Real-Time Compliance Monitoring
The CRSI and MetricStream NERC Compliance Management Solution contains powerful executive dashboards with drill-down capabilities that provide enterprise-wide visibility into the NERC compliance process. Issues that need to be addressed are highlighted and NERC compliance management solution is able to track the status of compliance issues, process ownership, assessment plans, and more on the graphical charts. These customizable charts provide real-time information that can be accessed across organizational units responsible for the actionable items represented. The solution’s monthly and quarterly trending analysis capabilities enable compliance managers and process owners to stay in constant touch with the on-the-ground reality, following progress on all important compliance issues. Compliance process becomes more manageable and predictable because the solution provides automated alerts for events such as exceptions and failures, thereby eliminating untimely surprises before any important audit.
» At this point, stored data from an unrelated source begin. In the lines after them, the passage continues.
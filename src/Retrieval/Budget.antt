-- ===== src/Retrieval/Budget.antt =====
-- The budgets of orchestrator/retrieval_progress.py hold in every state that the controller reaches.
use agi_inspired.Retrieval.Extract.{canonical_urls}
use agi_inspired.Prelude.{
  length-take, min, ◌-◌, List, [], or_else, ℕ, zero, suc, ◌==◌, none, ◌+◌, ◌≤◌, ◌<◌, ◌≡◌, Bool,
  Option, some, arith, if◌then◌else◌,
}
use agi_inspired.Prelude.Text.{Text}
use agi_inspired.Retrieval.Policy.{Rungs, at, put, RetrievalPolicy, tool_stage}
use agi_inspired.Retrieval.State.{
  RetrievalState, Refusal, research_complete, setup_exhausted, delegation, retrieval_exhausted,
  wrong_stage, budget_spent, low_novelty, call_budget_reached, Reason, AuditEvent, TrajectoryCall,
  Controller, write_audit, trace,
}
use agi_inspired.Retrieval.Stages.{tool_stage-lt}
use agi_inspired.Retrieval.Controller.{refuse, advance, before_setup, before_retrieval, before}
use agi_inspired.Retrieval.After.{
  settle_call, remember, keep_evidence, count_novelty, account, finish_call, after, excerpt,
  start_finalization, finish_research, finish_finalization,
}

-- The results so far that came for a rung on which no call was in flight.
unfoldable pub count_extra : ℕ → RetrievalState → Rungs → Rungs
unfolding at put
count_extra stage s x = if at s.reserved stage == 0 then put x stage (at x stage + 1) else x

-- On each rung the calls that ran and those in flight fit its budget and its extra results; setup and
-- evidence fit their allowances.
pub record IsBounded (p : RetrievalPolicy) (x : Rungs) (s : RetrievalState) : Type 0 where
  pub search : s.calls.search + s.reserved.search ≤ p.max_calls.search + x.search
  pub direct_fetch :
      s.calls.direct_fetch + s.reserved.direct_fetch ≤ p.max_calls.direct_fetch + x.direct_fetch
  pub browser : s.calls.browser + s.reserved.browser ≤ p.max_calls.browser + x.browser
  pub setup : s.setup_calls ≤ p.max_setup_calls
  pub evidence : s.evidence_chars ≤ p.max_evidence_chars_total

module _ (p : RetrievalPolicy) where
  -- The controller still has its policy, and is within it.
  pub record Within (x : Rungs) (c : Controller) : Type 0 where
    pub policy : c.policy ≡ p
    pub bounded : IsBounded p x c.state

module _ (p : RetrievalPolicy) {x : Rungs} where
  write_audit-Within :
      (e : AuditEvent) (c : Controller) → Within p x c → Within p x (write_audit e c)
  unfolding write_audit
  write_audit-Within e c h = ground arith

  trace-Within : (t : TrajectoryCall) (c : Controller) → Within p x c → Within p x (trace t c)
  unfolding trace
  trace-Within t c h = ground arith

  refuse-Within :
      (t : Text) (r : Refusal) (v : Option Bool) (c : Controller)
      → Within p x c
      → Within p x (refuse t r v c).0
  unfolding refuse
  refuse-Within t r v c h = ground arith

  advance-Within :
      (stage : ℕ) (r : Reason) (c : Controller) → Within p x c → Within p x (advance stage r c)
  unfolding advance
  advance-Within stage r c h = ground arith

  before_setup-Within : (t : Text) (c : Controller) → Within p x c → Within p x (before_setup t c).0
  unfolding before_setup write_audit
  before_setup-Within t c h =
      ground
        (arith, refuse-Within t research_complete none c, refuse-Within t setup_exhausted none c)

  before_retrieval-Within :
      (t : Text) (attempted : ℕ) (c : Controller)
      → attempted < 3
      → Within p x c
      → Within p x (before_retrieval t attempted c).0
  unfolding before_retrieval
  before_retrieval-Within t zero c _ h = ground (
    arith,
    refuse-Within t retrieval_exhausted none c,
    refuse-Within t wrong_stage (some (at c.state.reserved 0 == 0)) c,
    advance-Within 0 call_budget_reached c,
    refuse-Within t budget_spent none (advance 0 call_budget_reached c),
  )
  before_retrieval-Within t (suc zero) c _ h = ground (
    arith,
    refuse-Within t retrieval_exhausted none c,
    refuse-Within t wrong_stage (some (at c.state.reserved 1 == 0)) c,
    advance-Within 1 call_budget_reached c,
    refuse-Within t budget_spent none (advance 1 call_budget_reached c),
  )
  before_retrieval-Within t (suc (suc zero)) c _ h = ground (
    arith,
    refuse-Within t retrieval_exhausted none c,
    refuse-Within t wrong_stage (some (at c.state.reserved 2 == 0)) c,
    advance-Within 2 call_budget_reached c,
    refuse-Within t budget_spent none (advance 2 call_budget_reached c),
  )
  before_retrieval-Within t (suc (suc (suc n))) c lt h = absurd (omega arith)

  pub before-Within : (t : Text) (c : Controller) → Within p x c → Within p x (before t c).0
  unfolding before
  before-Within t c h = ground (
    arith,
    before_setup-Within t c,
    refuse-Within t delegation none c,
    before_retrieval-Within t (tool_stage t) c,
    tool_stage-lt t,
  )

  keep_evidence-Within :
      (t : Text) (stage : ℕ) (failed : Bool) (found : List Text) (text : Text) (c : Controller)
      → Within p x c
      → Within p x (keep_evidence t stage failed found text c)
  unfolding keep_evidence excerpt
  keep_evidence-Within t stage failed found text c h = ground (
    arith,
    length-take
        (min c.policy.max_evidence_chars_per_call
          (c.policy.max_evidence_chars_total - c.state.evidence_chars))
        text,
  )

  -- A reserved call moves from `reserved` to `calls`; a result without one is an extra call.
  settle_call-IsBounded :
      (stage : ℕ) (s : RetrievalState)
      → IsBounded p x s
      → IsBounded p (count_extra stage s x) (settle_call stage s)
  unfolding settle_call count_extra at put
  settle_call-IsBounded zero s h = ground arith
  settle_call-IsBounded (suc zero) s h = ground arith
  settle_call-IsBounded (suc (suc n)) s h = ground arith

  finish_call-Within :
      (stage : ℕ) (stale : Bool) (c : Controller)
      → Within p x c
      → Within p x (finish_call stage stale c).0
  unfolding finish_call
  finish_call-Within stage stale c h =
      ground (arith, advance-Within stage call_budget_reached c, advance-Within stage low_novelty c)

module _ (p : RetrievalPolicy) {x : Rungs} (sha256 : Text → Text)
    (canonical_url : Text → Text) where
  account-Within :
      (t : Text) (stage : ℕ) (text : Text) (failed : Bool) (c : Controller)
      → Within p x c
      → Within p (count_extra stage c.state x) (account sha256 canonical_url t stage text failed c)
  unfolding account remember count_novelty
  account-Within t stage text failed c h = trace-Within p _ _ (
      write_audit-Within p _ _ (record {
        policy = kept.policy;
        bounded = record {
          search = kept.bounded.search;
          direct_fetch = kept.bounded.direct_fetch;
          browser = kept.bounded.browser;
          setup = kept.bounded.setup;
          evidence = kept.bounded.evidence;
        };
      }))
    where
      settled : IsBounded p (count_extra stage c.state x) (settle_call stage c.state)
      settled = settle_call-IsBounded p stage c.state h.bounded

      open settled use {search, direct_fetch, browser, setup, evidence}

      kept : Within p (count_extra stage c.state x) (
          keep_evidence t stage failed
            (canonical_urls canonical_url text)
            text
            (record c { state = remember sha256 canonical_url text (settle_call stage c.state) }))
      kept =
          keep_evidence-Within p t stage failed (canonical_urls canonical_url text) text
            (record c { state = remember sha256 canonical_url text (settle_call stage c.state) })
            (record {
              policy = h.policy;
              bounded = record {
                search = search;
                direct_fetch = direct_fetch;
                browser = browser;
                setup = setup;
                evidence = evidence;
              };
            })

  pub after-Within :
      (t : Text) (result : Option Text) (failed : Bool) (c : Controller)
      → Within p x c
      → Within p
          (count_extra (tool_stage t) c.state x)
          (after sha256 canonical_url t result failed c).0
  unfolding after
  after-Within t result failed c h =
      finish_call-Within p _ _ _ (account-Within t (tool_stage t) (or_else result []) failed c h)

-- The methods around the finalizer keep it too.
pub final-Within :
    (p : RetrievalPolicy) {x : Rungs} (c : Controller)
    → Within p x c
    → ((c' : Controller) → start_finalization c ≡ some c' → Within p x c')
      × ((n : ℕ) → Within p x (finish_research n c))
      × ((success : Bool) → Within p x (finish_finalization success c))
unfolding start_finalization finish_research finish_finalization
final-Within p c h = (
  λ c' e. ground arith,
  λ n. write_audit-Within p _ c h,
  λ success. trace-Within p _ _ (write_audit-Within p _ c h),
)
The CRSI and MetricStream Value Proposition

With the CRSI and MetricStream NERC Compliance Management Solution, organizations will be able to effectively:

  • Build an integrated and collaborative approach to NERC compliance, eliminating redundancies by transcending organizational and functional silo boundaries.
  • Stay informed on a real-time basis of all NERC changes and updates through automatic alerts.
  • Streamline compliance activities, including mapping of regulations to policies, developing effective controls, assessing risks, performing compliance audits, preparing and implementing action plans, and identifying and mitigating risk issues.
  • Enable risk-based compliance through configurable methodologies for risk assessments, risk heat maps and real-time dashboards.
  • Increase transparency into the status of compliance processes and obtain data needed for improved strategic level decision-making.
  • Enhance the efficiency and reliability of reporting and self-certification
  • Automate compliance processes critical for audit preparedness and improved efficiency, thereby optimizing resource allocation, improving accuracy and timeliness of action items, and reducing organizational costs.